### YOUR INSTRUCTIONS:
Could you filter the listing for lines with the word "where" and return them?
----
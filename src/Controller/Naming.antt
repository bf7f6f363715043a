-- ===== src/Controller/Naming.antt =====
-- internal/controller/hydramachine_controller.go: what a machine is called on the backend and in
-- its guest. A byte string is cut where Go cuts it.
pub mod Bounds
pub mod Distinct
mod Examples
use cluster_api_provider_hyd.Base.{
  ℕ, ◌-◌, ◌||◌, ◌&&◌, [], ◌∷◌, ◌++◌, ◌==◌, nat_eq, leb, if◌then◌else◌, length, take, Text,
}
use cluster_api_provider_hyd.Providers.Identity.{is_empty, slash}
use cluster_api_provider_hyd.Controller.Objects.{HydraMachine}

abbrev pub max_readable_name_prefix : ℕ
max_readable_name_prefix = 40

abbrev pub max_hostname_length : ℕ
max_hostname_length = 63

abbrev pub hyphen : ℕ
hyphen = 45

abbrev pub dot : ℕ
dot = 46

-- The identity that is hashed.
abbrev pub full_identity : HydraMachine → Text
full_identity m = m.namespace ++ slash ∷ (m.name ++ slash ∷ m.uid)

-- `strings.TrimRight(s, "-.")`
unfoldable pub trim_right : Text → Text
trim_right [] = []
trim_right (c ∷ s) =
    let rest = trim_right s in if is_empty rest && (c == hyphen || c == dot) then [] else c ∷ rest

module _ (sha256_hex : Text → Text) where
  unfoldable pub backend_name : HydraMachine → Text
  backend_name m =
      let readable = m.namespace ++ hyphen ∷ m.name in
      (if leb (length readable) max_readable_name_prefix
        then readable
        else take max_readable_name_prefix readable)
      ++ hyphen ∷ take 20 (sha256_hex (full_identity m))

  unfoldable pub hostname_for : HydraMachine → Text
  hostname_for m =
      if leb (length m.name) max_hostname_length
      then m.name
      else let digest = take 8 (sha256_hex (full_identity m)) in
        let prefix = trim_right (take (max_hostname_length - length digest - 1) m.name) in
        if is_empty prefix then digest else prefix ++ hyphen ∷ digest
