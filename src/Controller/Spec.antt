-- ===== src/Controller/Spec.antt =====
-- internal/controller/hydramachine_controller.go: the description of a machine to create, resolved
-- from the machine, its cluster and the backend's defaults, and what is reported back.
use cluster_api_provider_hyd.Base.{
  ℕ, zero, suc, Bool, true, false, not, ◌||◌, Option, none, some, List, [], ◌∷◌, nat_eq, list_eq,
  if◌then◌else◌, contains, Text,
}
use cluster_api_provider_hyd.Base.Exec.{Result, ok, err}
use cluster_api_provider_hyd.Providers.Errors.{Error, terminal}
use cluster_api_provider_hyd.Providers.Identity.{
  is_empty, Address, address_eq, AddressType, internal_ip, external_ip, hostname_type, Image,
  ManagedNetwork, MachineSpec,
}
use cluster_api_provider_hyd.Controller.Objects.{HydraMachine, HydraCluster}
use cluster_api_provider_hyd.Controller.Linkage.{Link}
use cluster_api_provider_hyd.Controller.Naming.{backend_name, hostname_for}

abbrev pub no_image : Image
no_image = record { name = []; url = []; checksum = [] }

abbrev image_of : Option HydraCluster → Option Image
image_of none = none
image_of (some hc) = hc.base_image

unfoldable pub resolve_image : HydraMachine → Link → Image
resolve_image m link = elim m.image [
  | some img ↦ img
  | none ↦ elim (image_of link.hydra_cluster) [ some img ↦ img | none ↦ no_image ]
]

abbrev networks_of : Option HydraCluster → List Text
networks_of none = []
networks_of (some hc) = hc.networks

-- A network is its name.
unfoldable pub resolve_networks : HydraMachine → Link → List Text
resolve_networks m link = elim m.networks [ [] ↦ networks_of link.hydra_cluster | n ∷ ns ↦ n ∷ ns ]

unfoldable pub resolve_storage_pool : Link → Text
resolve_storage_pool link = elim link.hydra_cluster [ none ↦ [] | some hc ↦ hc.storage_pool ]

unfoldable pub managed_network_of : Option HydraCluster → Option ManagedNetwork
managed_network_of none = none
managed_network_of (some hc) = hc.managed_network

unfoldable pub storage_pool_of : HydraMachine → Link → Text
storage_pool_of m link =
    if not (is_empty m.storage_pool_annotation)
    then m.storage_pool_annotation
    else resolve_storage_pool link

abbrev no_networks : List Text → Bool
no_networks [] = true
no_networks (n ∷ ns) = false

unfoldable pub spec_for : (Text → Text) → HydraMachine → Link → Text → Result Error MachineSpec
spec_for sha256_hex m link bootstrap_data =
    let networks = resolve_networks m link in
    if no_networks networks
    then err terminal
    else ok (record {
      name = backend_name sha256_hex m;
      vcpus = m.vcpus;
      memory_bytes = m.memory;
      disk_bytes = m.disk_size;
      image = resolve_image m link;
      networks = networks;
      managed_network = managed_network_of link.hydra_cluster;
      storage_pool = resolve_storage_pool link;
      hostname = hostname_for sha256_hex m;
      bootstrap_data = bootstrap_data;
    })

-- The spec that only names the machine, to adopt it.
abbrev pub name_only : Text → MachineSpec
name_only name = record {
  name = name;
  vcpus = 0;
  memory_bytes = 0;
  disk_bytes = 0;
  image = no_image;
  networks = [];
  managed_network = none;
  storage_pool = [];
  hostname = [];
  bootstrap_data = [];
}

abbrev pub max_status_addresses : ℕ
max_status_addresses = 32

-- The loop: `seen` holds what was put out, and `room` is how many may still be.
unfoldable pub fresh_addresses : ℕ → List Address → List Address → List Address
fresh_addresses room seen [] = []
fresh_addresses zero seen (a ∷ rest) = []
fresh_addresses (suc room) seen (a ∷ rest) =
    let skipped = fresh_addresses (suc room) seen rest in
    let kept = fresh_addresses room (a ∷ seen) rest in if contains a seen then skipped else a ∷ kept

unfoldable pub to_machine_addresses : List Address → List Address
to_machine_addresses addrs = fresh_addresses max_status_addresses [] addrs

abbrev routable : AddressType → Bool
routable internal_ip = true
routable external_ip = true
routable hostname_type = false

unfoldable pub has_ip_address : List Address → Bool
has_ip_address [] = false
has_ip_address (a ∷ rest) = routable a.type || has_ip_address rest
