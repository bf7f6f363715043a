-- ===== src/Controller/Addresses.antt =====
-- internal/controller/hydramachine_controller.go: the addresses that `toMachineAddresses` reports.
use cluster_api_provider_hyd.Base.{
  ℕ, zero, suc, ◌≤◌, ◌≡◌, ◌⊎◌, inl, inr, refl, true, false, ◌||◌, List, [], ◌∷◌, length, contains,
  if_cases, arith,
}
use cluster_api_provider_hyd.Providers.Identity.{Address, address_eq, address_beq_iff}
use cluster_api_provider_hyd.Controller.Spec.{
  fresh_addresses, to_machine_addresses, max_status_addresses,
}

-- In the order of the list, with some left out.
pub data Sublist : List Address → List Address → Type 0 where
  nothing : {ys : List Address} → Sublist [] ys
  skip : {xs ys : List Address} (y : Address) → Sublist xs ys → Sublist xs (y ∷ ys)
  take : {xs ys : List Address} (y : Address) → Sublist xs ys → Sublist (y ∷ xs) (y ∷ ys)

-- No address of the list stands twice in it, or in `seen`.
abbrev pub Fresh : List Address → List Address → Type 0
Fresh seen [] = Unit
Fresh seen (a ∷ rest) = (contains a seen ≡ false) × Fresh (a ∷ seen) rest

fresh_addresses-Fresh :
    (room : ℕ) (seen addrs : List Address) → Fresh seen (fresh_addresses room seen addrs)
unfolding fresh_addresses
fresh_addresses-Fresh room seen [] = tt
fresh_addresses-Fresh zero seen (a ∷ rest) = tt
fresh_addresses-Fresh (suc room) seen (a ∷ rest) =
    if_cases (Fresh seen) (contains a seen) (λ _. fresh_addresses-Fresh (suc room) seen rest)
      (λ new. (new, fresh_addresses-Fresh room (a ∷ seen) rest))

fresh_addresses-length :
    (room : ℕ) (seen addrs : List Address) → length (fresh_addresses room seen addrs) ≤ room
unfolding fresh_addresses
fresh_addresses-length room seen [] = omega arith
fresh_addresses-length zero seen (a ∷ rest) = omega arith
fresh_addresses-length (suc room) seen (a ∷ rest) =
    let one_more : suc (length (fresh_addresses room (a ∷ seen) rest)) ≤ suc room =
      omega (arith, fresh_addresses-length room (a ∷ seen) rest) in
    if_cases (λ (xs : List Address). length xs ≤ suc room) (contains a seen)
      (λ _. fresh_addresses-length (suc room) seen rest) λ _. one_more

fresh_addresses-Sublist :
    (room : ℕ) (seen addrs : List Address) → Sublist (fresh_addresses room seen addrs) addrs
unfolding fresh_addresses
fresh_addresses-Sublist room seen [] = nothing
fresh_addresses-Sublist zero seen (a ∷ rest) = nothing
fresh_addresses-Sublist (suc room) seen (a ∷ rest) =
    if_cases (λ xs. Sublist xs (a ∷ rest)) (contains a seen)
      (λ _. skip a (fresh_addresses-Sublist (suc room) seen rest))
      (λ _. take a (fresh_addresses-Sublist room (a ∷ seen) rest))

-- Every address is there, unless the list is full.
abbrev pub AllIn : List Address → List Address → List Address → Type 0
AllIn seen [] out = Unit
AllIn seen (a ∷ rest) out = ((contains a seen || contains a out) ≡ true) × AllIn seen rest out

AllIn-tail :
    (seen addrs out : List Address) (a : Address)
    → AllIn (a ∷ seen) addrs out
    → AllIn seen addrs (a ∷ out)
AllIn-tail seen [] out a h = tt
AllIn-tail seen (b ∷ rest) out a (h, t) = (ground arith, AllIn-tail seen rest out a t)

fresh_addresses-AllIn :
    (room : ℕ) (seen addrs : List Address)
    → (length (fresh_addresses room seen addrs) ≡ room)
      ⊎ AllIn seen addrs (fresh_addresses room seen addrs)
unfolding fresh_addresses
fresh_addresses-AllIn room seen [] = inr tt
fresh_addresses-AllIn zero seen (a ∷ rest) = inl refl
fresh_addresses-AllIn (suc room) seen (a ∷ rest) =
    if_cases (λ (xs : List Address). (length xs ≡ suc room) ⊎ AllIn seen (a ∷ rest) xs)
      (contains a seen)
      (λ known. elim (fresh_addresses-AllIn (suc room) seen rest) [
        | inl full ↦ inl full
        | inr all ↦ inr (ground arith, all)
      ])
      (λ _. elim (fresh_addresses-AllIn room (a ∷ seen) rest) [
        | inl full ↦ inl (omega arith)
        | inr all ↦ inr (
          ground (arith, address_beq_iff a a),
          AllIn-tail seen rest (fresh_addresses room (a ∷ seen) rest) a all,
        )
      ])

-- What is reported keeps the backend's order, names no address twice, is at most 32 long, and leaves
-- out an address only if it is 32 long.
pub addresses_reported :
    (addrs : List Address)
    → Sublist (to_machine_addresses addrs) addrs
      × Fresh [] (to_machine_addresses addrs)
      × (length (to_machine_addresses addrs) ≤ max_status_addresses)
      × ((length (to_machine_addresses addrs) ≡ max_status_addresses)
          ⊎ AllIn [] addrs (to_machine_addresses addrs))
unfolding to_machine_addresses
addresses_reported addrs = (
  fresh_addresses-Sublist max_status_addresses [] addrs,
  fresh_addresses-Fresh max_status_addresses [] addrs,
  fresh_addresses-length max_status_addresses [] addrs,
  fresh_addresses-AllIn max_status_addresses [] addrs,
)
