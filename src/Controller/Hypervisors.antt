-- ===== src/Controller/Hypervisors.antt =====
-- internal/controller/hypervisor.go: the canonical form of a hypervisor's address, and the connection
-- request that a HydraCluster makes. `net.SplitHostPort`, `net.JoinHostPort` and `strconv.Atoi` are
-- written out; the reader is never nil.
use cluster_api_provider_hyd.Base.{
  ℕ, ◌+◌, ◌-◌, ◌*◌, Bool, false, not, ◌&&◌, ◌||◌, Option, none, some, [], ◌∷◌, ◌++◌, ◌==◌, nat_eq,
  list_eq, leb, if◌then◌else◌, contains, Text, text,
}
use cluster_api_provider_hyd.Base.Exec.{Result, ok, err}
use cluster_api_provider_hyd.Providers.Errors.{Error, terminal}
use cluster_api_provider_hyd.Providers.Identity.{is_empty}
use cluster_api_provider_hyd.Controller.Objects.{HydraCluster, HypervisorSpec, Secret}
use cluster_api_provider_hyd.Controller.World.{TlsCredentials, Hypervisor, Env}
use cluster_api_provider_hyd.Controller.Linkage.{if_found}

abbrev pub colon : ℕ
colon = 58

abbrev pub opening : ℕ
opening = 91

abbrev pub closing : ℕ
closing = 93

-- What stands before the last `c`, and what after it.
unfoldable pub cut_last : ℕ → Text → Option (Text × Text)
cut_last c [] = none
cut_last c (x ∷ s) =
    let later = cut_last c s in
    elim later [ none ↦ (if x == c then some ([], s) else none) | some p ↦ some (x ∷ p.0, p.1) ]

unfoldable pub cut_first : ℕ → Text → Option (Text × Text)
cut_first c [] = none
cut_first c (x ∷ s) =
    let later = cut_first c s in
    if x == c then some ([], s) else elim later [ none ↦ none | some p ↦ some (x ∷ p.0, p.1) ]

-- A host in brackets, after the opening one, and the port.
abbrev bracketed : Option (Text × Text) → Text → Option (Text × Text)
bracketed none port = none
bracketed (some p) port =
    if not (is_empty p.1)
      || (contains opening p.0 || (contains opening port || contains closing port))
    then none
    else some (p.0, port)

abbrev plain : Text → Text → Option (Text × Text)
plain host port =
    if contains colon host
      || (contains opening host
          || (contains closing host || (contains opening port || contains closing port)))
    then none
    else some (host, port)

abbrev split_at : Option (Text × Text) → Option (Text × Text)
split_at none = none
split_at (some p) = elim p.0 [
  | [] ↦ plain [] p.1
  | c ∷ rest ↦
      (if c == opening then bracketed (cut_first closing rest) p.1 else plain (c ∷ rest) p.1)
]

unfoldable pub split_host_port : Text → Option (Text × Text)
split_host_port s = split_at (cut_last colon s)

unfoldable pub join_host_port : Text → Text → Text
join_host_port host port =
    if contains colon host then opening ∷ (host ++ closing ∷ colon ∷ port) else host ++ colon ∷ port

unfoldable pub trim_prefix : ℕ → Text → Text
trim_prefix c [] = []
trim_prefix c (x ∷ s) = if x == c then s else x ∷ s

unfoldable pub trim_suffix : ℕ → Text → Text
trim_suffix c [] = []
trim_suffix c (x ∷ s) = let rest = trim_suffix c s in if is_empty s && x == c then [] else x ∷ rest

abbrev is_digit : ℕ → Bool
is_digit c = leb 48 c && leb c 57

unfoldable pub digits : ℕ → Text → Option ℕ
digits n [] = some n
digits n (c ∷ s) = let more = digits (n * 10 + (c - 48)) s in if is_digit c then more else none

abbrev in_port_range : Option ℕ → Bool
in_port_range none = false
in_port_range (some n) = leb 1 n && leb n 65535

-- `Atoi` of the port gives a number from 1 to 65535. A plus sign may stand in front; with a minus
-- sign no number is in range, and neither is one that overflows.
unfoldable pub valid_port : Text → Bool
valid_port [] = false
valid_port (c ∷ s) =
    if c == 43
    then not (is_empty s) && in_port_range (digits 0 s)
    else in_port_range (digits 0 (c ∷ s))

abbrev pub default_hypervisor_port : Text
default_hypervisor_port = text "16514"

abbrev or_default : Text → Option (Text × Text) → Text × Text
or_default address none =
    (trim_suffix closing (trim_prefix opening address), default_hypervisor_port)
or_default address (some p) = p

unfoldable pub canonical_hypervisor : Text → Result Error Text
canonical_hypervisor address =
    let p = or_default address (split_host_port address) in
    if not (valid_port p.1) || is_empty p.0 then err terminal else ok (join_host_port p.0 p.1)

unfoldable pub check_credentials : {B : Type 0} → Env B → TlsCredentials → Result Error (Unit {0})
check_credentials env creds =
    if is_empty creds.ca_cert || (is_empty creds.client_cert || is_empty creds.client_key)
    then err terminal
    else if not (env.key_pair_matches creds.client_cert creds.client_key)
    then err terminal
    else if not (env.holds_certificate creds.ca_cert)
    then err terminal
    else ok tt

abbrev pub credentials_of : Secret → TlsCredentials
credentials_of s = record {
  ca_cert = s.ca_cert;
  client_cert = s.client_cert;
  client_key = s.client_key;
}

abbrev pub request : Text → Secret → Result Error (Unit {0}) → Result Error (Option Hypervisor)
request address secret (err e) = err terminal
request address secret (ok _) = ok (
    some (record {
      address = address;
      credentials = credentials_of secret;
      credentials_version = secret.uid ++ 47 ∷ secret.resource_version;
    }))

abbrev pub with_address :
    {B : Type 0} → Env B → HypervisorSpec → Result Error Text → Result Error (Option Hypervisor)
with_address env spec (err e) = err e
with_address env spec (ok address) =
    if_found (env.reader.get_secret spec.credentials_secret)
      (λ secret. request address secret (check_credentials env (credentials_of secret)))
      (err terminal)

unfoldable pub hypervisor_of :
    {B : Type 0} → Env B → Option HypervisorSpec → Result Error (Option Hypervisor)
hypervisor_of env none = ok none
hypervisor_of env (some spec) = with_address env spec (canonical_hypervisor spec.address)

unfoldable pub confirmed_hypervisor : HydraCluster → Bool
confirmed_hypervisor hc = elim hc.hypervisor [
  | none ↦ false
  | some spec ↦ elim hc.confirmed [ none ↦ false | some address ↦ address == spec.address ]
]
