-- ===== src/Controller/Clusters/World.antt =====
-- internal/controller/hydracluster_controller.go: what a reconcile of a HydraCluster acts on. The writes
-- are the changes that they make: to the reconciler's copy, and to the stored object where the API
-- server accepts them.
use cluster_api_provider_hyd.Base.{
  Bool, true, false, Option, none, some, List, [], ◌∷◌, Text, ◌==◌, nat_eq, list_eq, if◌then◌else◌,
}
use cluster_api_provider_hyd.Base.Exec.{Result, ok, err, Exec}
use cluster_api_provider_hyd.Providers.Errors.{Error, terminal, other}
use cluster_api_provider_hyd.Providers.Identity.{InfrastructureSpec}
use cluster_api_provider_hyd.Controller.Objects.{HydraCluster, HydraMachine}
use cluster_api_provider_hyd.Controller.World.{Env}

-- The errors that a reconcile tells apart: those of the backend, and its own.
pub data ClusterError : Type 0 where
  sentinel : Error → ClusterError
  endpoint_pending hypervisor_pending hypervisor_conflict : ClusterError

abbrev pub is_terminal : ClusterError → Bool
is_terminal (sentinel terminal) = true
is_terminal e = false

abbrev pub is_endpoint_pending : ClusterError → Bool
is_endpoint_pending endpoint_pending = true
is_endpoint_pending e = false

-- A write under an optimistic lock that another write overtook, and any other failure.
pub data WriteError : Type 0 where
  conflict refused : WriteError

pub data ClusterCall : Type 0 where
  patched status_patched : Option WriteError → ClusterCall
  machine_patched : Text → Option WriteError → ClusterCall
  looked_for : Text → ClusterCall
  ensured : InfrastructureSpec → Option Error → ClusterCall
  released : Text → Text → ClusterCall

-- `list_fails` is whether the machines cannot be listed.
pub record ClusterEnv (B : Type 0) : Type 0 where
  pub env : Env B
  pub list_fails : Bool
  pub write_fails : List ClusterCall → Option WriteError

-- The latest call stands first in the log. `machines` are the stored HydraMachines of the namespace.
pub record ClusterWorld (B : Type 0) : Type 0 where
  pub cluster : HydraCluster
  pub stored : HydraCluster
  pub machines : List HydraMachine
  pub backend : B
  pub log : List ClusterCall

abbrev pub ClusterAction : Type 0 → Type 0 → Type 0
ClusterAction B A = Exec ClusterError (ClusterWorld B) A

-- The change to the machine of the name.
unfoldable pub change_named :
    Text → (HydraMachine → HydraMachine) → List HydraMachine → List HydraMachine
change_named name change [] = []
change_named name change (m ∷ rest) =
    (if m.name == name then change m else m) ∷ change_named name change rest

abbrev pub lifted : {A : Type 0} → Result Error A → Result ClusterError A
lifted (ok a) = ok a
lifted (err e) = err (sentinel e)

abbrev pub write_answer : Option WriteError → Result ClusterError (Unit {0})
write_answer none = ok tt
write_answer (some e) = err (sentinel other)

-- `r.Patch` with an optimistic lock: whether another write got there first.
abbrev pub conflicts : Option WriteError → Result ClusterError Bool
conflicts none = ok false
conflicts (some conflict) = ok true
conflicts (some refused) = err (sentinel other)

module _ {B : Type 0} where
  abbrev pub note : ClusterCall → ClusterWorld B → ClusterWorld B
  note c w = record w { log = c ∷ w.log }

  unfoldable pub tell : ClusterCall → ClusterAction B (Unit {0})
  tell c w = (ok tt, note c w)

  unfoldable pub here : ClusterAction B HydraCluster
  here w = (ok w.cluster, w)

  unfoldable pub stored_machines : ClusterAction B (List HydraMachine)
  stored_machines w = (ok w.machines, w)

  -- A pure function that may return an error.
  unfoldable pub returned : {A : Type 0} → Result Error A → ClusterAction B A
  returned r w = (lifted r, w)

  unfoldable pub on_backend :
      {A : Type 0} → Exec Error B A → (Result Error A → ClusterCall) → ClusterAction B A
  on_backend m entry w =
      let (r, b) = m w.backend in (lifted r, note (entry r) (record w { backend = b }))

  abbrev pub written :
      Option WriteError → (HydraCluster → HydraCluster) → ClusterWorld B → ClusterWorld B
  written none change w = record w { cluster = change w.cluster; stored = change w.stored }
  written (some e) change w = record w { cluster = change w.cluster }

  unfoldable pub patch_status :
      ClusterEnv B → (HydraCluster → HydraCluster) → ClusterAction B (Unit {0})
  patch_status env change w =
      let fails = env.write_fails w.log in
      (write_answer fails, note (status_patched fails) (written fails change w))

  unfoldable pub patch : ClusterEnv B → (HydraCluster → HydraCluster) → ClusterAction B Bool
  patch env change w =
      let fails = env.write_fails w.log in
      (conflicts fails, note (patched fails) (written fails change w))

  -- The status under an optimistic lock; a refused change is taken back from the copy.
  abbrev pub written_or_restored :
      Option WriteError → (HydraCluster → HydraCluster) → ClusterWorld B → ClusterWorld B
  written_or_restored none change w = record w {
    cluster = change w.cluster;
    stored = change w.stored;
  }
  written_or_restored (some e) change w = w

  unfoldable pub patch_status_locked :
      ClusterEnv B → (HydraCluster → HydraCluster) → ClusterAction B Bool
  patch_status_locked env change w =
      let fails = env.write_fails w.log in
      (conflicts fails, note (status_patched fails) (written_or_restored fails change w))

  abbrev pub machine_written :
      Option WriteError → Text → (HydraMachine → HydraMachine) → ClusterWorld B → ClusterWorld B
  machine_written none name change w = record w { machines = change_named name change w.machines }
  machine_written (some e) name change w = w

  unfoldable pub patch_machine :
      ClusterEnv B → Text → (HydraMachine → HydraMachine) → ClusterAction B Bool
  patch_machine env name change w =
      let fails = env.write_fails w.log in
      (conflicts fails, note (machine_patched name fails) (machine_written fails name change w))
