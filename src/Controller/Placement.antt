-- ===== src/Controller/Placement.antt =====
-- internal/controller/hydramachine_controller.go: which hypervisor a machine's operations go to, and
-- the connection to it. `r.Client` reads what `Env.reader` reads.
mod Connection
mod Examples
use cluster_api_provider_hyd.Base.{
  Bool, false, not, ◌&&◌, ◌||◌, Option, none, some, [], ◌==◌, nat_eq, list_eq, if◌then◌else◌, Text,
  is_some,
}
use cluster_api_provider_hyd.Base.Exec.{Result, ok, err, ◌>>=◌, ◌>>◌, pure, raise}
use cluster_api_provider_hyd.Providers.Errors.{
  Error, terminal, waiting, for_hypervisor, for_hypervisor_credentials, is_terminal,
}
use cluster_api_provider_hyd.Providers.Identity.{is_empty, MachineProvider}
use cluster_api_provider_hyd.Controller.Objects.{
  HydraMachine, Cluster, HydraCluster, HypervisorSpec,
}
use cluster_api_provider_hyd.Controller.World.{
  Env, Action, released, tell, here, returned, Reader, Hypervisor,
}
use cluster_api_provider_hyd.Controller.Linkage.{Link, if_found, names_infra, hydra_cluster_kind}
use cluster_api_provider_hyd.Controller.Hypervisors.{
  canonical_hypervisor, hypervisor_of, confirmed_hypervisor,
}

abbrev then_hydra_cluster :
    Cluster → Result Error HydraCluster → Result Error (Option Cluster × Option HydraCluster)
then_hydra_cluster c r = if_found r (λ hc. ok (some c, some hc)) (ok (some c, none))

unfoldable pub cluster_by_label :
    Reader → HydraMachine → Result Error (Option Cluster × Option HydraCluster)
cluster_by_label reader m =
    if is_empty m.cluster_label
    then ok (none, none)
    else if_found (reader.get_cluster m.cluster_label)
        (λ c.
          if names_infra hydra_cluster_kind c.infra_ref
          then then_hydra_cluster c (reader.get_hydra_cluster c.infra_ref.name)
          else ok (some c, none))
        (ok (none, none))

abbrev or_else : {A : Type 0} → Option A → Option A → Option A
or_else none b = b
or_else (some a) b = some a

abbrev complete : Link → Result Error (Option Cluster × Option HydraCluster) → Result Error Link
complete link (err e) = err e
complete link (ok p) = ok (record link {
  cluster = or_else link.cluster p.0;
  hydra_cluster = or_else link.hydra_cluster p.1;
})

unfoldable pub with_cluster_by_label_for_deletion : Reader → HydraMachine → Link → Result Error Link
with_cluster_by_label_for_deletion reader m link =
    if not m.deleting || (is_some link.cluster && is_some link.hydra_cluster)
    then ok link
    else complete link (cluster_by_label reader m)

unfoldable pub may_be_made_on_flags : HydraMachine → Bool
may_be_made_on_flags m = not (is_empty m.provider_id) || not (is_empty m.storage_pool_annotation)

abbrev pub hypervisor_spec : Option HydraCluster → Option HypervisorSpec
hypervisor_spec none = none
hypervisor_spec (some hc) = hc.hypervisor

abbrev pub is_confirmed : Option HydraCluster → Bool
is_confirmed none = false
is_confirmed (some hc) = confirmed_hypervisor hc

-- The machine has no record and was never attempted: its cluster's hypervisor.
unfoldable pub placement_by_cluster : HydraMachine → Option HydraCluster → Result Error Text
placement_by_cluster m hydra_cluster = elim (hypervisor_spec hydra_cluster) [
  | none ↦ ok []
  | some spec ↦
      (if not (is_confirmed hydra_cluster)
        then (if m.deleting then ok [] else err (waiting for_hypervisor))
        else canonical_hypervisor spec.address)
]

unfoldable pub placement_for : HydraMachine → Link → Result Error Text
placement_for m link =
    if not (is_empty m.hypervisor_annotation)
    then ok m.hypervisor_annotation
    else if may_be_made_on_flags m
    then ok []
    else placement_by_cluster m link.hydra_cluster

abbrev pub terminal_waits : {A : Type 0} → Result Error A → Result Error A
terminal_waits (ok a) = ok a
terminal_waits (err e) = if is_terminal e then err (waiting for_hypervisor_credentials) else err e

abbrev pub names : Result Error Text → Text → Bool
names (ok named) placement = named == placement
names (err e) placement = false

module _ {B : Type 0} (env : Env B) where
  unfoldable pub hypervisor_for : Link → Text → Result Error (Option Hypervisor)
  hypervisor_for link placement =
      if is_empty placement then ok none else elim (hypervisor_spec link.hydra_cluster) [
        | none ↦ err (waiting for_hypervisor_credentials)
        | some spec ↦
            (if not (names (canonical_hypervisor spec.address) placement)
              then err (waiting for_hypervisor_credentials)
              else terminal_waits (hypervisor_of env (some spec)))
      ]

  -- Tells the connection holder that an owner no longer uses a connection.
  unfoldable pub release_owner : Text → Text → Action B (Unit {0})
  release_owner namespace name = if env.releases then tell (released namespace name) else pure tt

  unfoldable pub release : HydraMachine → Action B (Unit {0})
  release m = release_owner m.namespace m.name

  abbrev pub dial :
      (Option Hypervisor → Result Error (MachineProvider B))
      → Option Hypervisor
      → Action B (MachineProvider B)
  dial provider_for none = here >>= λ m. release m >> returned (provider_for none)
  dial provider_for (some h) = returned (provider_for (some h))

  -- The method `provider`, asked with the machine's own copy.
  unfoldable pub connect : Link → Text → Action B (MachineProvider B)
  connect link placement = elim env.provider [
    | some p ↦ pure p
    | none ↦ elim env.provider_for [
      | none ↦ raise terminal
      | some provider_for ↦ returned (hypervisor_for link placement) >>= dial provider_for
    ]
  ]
----
### ANSWER FOR THIS EXERCISE:
-- its guest. A byte string is cut where Go cuts it.
module _ (sha256_hex : Text → Text) where
pub data Sublist : List Address → List Address → Type 0 where
-- are the changes that they make: to the reconciler's copy, and to the stored object where the API
pub data ClusterError : Type 0 where
pub data WriteError : Type 0 where
pub data ClusterCall : Type 0 where
pub record ClusterEnv (B : Type 0) : Type 0 where
pub record ClusterWorld (B : Type 0) : Type 0 where
module _ {B : Type 0} where
module _ {B : Type 0} (env : Env B) where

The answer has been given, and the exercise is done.